Além disso, as políticas do Irã no Golfo visando os interesses nacionais dos Emirados Árabes Unidos têm como objetivo desestabilizar a região. Esta política não é um antagonismo interestadual convencional entre duas nações que compartilham fronteiras navais comuns. Os Emirados Árabes Unidos podem ser o elemento central que pode mudar o Oriente Médio e o mundo árabe para melhor. Seu avanço tecnológico sem precedentes, que atingiu novos patamares com a Hope Probe (a missão dos Emirados Árabes Unidos em Marte); tolerância cultural e religiosa; e os esforços para limitar a dependência da economia nacional dos hidrocarbonetos tornam os Emirados Árabes Unidos um modelo de crescimento sócio-político e econômico para todos os estados árabes. A assinatura dos Acordos de Abraão com Israel e o estabelecimento de uma parceria estratégica robusta com a Grécia pavimentam o caminho para uma mudança estrutural no Oriente Médio.

Além disso, é estranho confiar armas nucleares ao regime islâmico quando seu antiamericanismo e anti-israelismo são claramente centrais em sua filosofia. Projetos de lei confirmados pela Assembleia Consultiva Islâmica visam diretamente a presença dos EUA no Oriente Médio, bem como a própria existência de Israel.

A dissuasão nuclear funcionou durante a era da Guerra Fria porque ambas as superpotências, especialmente após o surgimento da dissuasão, estavam focados em estabelecer o controle sobre suas zonas de influência. Índia e Paquistão estão travados em um estado de dissuasão nuclear funcional há décadas, principalmente por causa de sua proximidade geográfica, o que torna uma colisão nuclear indesejável para ambas as partes.
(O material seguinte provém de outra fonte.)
-- ===== src/Service/Placement/Live.antt =====
-- service.py with exchange.py: the placement handlers on the exchange itself, and what its results
-- can reserve.
use polymarket_event_quant.Base.{
  ℕ, suc, ◌*◌, ◌≤◌, ◌≡◌, refl, Bool, true, false, none, some, List, [], ◌∷◌, length, sum_by, Result,
  ok, err, arith, All, ap, ◌∙◌, if◌then◌else◌, leb, length-map,
}
use mathlib.Core.Path.{subst}
use polymarket_event_quant.Base.Concat
use polymarket_event_quant.Base.Decimal.{Decimal, one}
use polymarket_event_quant.Models.{
  Market, TradePlan, PlacedOrder, PlacementResult, market_reserve, order_size,
}
use polymarket_event_quant.Exchange.{Exc}
use polymarket_event_quant.Exchange.Client.{Client}
use polymarket_event_quant.Exchange.Session.{
  Signer, Submission, Session, Raised, then_call, lift, raise,
}
use polymarket_event_quant.Exchange.Signing.{Entry, Prepared, prepare_entry}
use polymarket_event_quant.Exchange.Knock.{
  Wording, KnockOutcome, KnockPlan, knock_plan, knock_member,
}
use polymarket_event_quant.Exchange.Entry.Settled.{Has, settle_entry-IsSettled}
use polymarket_event_quant.Exchange.Lost.{
  place_dual, place_prepared, settle_first, reconcile_ambiguous_dual, no_interval,
}
use polymarket_event_quant.Database.Queries.{active_reserved_usd}
use polymarket_event_quant.Service.{Bot, Settings}
use polymarket_event_quant.Service.Placement.{place_activated_markets}
use polymarket_event_quant.Service.Placement.Steps.{Desk, DualEnd}
use polymarket_event_quant.Service.Placement.Budget.{placement_within_limit}
use polymarket_event_quant.Service.Placement.Budget.Placed.{FitsDesk, FitsEnd, FitsResult}
use polymarket_event_quant.Service.Placement.Budget.Rules.{order_cost, IsExact}
use polymarket_event_quant.Exchange.Signing.Reuse.{Asked, prepare_entry-Asked}
use polymarket_event_quant.Exchange.Lost.Whole.{reconcile_ambiguous_dual-Has}

-- how a call ends, as the placement handlers see it
abbrev pub dual_end : Result Raised PlacementResult → DualEnd
dual_end (ok r) = DualEnd.placed r
dual_end (err (Raised.ambiguous message retryable attempts)) =
    DualEnd.ambiguous message retryable attempts
dual_end (err (Raised.signing_not_ready t)) = DualEnd.raised (Concat.◌++◌ "_SigningNotReady: " t)
dual_end (err (Raised.raised e)) = DualEnd.raised e
dual_end (err Raised.unfinished) = DualEnd.raised "unfinished"

abbrev pub plain_end : Result Raised PlacementResult → Result Exc PlacementResult
plain_end (ok r) = ok r
plain_end (err (Raised.ambiguous message retryable attempts)) =
    err (Concat.◌++◌ "AmbiguousPlacementError: " message)
plain_end (err (Raised.signing_not_ready t)) = err (Concat.◌++◌ "_SigningNotReady: " t)
plain_end (err (Raised.raised e)) = err e
plain_end (err Raised.unfinished) = err "unfinished"

-- The library's account of a knock: at most one order is accepted for each of the two legs, so two
-- in all.
abbrev pub AcceptsOnce : (ℕ → KnockPlan → Result Exc (List KnockOutcome)) → Type 0
AcceptsOnce knock =
    (call : ℕ) (plan : KnockPlan) (outcomes : List KnockOutcome)
    → knock call plan ≡ ok outcomes
    → All (λ o. length o.accepted ≤ 2) outcomes

Has-cost :
    (price size : Decimal) (orders : List PlacedOrder)
    → Has price size orders
    → sum_by order_cost orders ≡ length orders * (price * size)
Has-cost price size [] h = grind arith
Has-cost price size (o ∷ orders) h =
    let same : order_cost o ≡ price * size = rw (h.0.0, h.0.1) refl in
    grind (arith, same, Has-cost price size orders h.1)

-- two orders at most, at the price and the size of the plan
at_most_reserve :
    (plan : TradePlan) (orders : List PlacedOrder)
    → IsExact plan
    → Has plan.buy_price (order_size plan) orders
    → length orders ≤ 2
    → sum_by order_cost orders ≤ market_reserve plan * one
at_most_reserve plan orders exact h le =
    rw (Has-cost plan.buy_price (order_size plan) orders h) (rw exact (grind (arith, le)))

module _ (client : Client) (signer : Signer) (wording : Wording)
    (knock : ℕ → KnockPlan → Result Exc (List KnockOutcome)) where
  -- the results of a call hold two orders at most, at the price and the size
  abbrev Bounded : Decimal → Decimal → Result Raised PlacementResult → Type 0
  Bounded price size end =
      (r : PlacementResult) → end ≡ ok r → Has price size r.orders × (length r.orders ≤ 2)

  settle_first-Bounded :
      (entry : Entry) (outcomes : List KnockOutcome) (s : Session)
      → All (λ o. length o.accepted ≤ 2) outcomes
      → Bounded entry.price entry.size (settle_first client signer wording knock entry outcomes s).0
  settle_first-Bounded entry [] s h r e = absurd (grind arith)
  settle_first-Bounded entry (o ∷ os) s h r e =
      let settled = (settle_entry-IsSettled client wording entry o s).1 r e in
      (
        settled.1,
        omega (
          arith,
          h.0,
          length-map (λ p. p.order_id) r.orders,
          length-map (λ a. a.order_id) o.accepted,
          ap length settled.0,
        ),
      )

  knocked-Bounded :
      (entry : Entry) (call : ℕ) (plan : KnockPlan) (answer : Result Exc (List KnockOutcome))
      (s : Session)
      → AcceptsOnce knock
      → knock call plan ≡ answer
      → Bounded entry.price entry.size
          (then_call (settle_first client signer wording knock entry) (lift answer, s)).0
  knocked-Bounded entry call plan (ok outcomes) s once q r h =
      settle_first-Bounded entry outcomes s (once call plan outcomes q) r h
  knocked-Bounded entry call plan (err e) s once q r h = absurd (grind arith)

  gated-Bounded :
      (entry : Entry) (plan : KnockPlan) (b : Bool) (s : Session)
      → AcceptsOnce knock
      → Bounded entry.price entry.size
          ((if b then raise {A = PlacementResult} (Raised.raised no_interval) else (λ s.
              then_call
                (settle_first client signer wording knock entry)
                (lift (knock s.calls plan), record s { calls = suc s.calls })))
            s).0
  gated-Bounded entry plan true s once r h = absurd (grind arith)
  gated-Bounded entry plan false s once r h =
      knocked-Bounded entry s.calls plan _ (record s { calls = suc s.calls }) once refl r h

  place_prepared-Bounded :
      (how : Submission) (market : Market) (until : ℕ) (interval price size : Decimal)
      (p : Prepared) (s : Session)
      → AcceptsOnce knock
      → Asked signer how market price size p
      → Bounded price size (place_prepared client signer wording knock market until interval p s).0
  place_prepared-Bounded how market until interval price size (Prepared.refused r') s once a r h =
      let same : r ≡ r' = grind arith in
      let e : r.orders ≡ [] = ap (λ x. x.orders) same ∙ a in rw e (tt, omega arith)
  place_prepared-Bounded how market until interval price size (Prepared.ready entry) s once a r h =
      let found =
        gated-Bounded entry
          (knock_plan market (knock_member entry "primary" 0 ∷ []) interval until none)
          (leb interval 0) s once r h in
      (
        subst (λ p. Has p size r.orders) a.0 (subst (λ z. Has entry.price z r.orders) a.1 found.0),
        found.1,
      )

  prepared-Bounded :
      (how : Submission) (market : Market) (price size interval : Decimal) (until : ℕ)
      (p : Result Raised Prepared × Session)
      → AcceptsOnce knock
      → ((x : Prepared) → p.0 ≡ ok x → Asked signer how market price size x)
      → Bounded price size
          (then_call (place_prepared client signer wording knock market until interval) p).0
  prepared-Bounded how market price size interval until (ok x, s) once a r h =
      place_prepared-Bounded how market until interval price size x s once (a x refl) r h
  prepared-Bounded how market price size interval until (err e, s) once a r h = absurd (grind arith)

  place_dual-Bounded :
      (how : Submission) (market : Market) (price size interval : Decimal) (until : ℕ) (s : Session)
      → AcceptsOnce knock
      → Bounded price size
          (place_dual client signer wording knock how market price size interval until s).0
  unfolding place_dual
  place_dual-Bounded how market price size interval until s once =
      prepared-Bounded how market price size interval until
        (prepare_entry signer how market price size s) once
        (prepare_entry-Asked signer how market price size s)

  module _ (how : Submission) (interval : Decimal) (sessions : ℕ → Session) (rest : Desk) where
    -- the exchange behind the placement handlers: a call finds the session that the calls before it
    -- have left, whichever that is; the books and the clock are those of `rest`
    abbrev pub exchange_desk : Desk
    exchange_desk = record rest {
      place_dual = λ call market price size until.
          dual_end
            (place_dual client signer wording knock how market price size interval until
              (sessions call)).0;
      reconcile_ambiguous_dual = λ call market price size retryable.
          plain_end
            (reconcile_ambiguous_dual client how market price size retryable (sessions call)).0;
      entry_submission = how;
    }

    dual_end-FitsEnd :
        (plan : TradePlan) (end : Result Raised PlacementResult)
        → IsExact plan
        → Bounded plan.buy_price (order_size plan) end
        → FitsEnd (market_reserve plan) (dual_end end)
    dual_end-FitsEnd plan (ok r) x h = at_most_reserve plan r.orders x (h r refl).0 (h r refl).1
    dual_end-FitsEnd plan (err (Raised.ambiguous t b k)) x h = tt
    dual_end-FitsEnd plan (err (Raised.signing_not_ready t)) x h = tt
    dual_end-FitsEnd plan (err (Raised.raised t)) x h = tt
    dual_end-FitsEnd plan (err Raised.unfinished) x h = tt

    plain_end-FitsResult :
        (plan : TradePlan) (end : Result Raised PlacementResult)
        → IsExact plan
        → Bounded plan.buy_price (order_size plan) end
        → FitsResult (market_reserve plan) (plain_end end)
    plain_end-FitsResult plan (ok r) x h = at_most_reserve plan r.orders x (h r refl).0 (h r refl).1
    plain_end-FitsResult plan (err (Raised.ambiguous t b k)) x h = tt
    plain_end-FitsResult plan (err (Raised.signing_not_ready t)) x h = tt
    plain_end-FitsResult plan (err (Raised.raised t)) x h = tt
    plain_end-FitsResult plan (err Raised.unfinished) x h = tt

    exchange_desk-FitsDesk :
        (plan : TradePlan) → IsExact plan → AcceptsOnce knock → FitsDesk plan exchange_desk
    exchange_desk-FitsDesk plan exact once = (
      (λ call m until. dual_end-FitsEnd plan _ exact (
          place_dual-Bounded how m plan.buy_price (order_size plan) interval until (sessions call)
            once)),
      λ call m retryable. plain_end-FitsResult plan _ exact (
          reconcile_ambiguous_dual-Has client how m plan.buy_price (order_size plan) retryable
            (sessions call)),
    )

-- The limit on reserved dollars holds across the placement handlers together with the exchange that
-- signs, knocks and settles their entries, and that searches for lost ones: when the limit is met
-- before the queue of activated markets is placed, it is met afterwards, whatever the venue answers,
-- as long as a knock reports at most two accepted orders, and the plan's dollars are an exact
-- multiple of its price, to the twelfth digit of the size.
pub live_within_limit :
    (client : Client) (signer : Signer) (wording : Wording)
    (knock : ℕ → KnockPlan → Result Exc (List KnockOutcome)) (how : Submission) (interval : Decimal)
    (sessions : ℕ → Session) (rest : Desk) (limit : Decimal) (settings : Settings) (now : ℕ)
    (b : Bot)
    → AcceptsOnce knock
    → IsExact settings.plan
    → settings.max_reserved_usd ≡ some limit
    → active_reserved_usd b.db ≤ limit
    → active_reserved_usd
        (place_activated_markets
          (exchange_desk client signer wording knock how interval sessions rest)
          settings
          now
          b).1.db
      ≤ limit
live_within_limit client signer wording knock how interval sessions rest limit settings now b once
      exact =
    placement_within_limit limit
      (exchange_desk client signer wording knock how interval sessions rest) settings now b
      (exchange_desk-FitsDesk client signer wording knock how interval sessions rest settings.plan
        exact once)
      exact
Não é fácil dissuadir uma potência nuclear que não quer ser detida – especialmente uma que se considera no direito de se comportar como uma hegemonia religiosa e regional em uma parte do mundo notoriamente instável. Seria um erro enorme para os EUA voltarem a considerar o Irã como uma política normal em que se pode confiar – pelo menos não antes de provar que é um Estado confiável sem agenda revisionista ou niilista.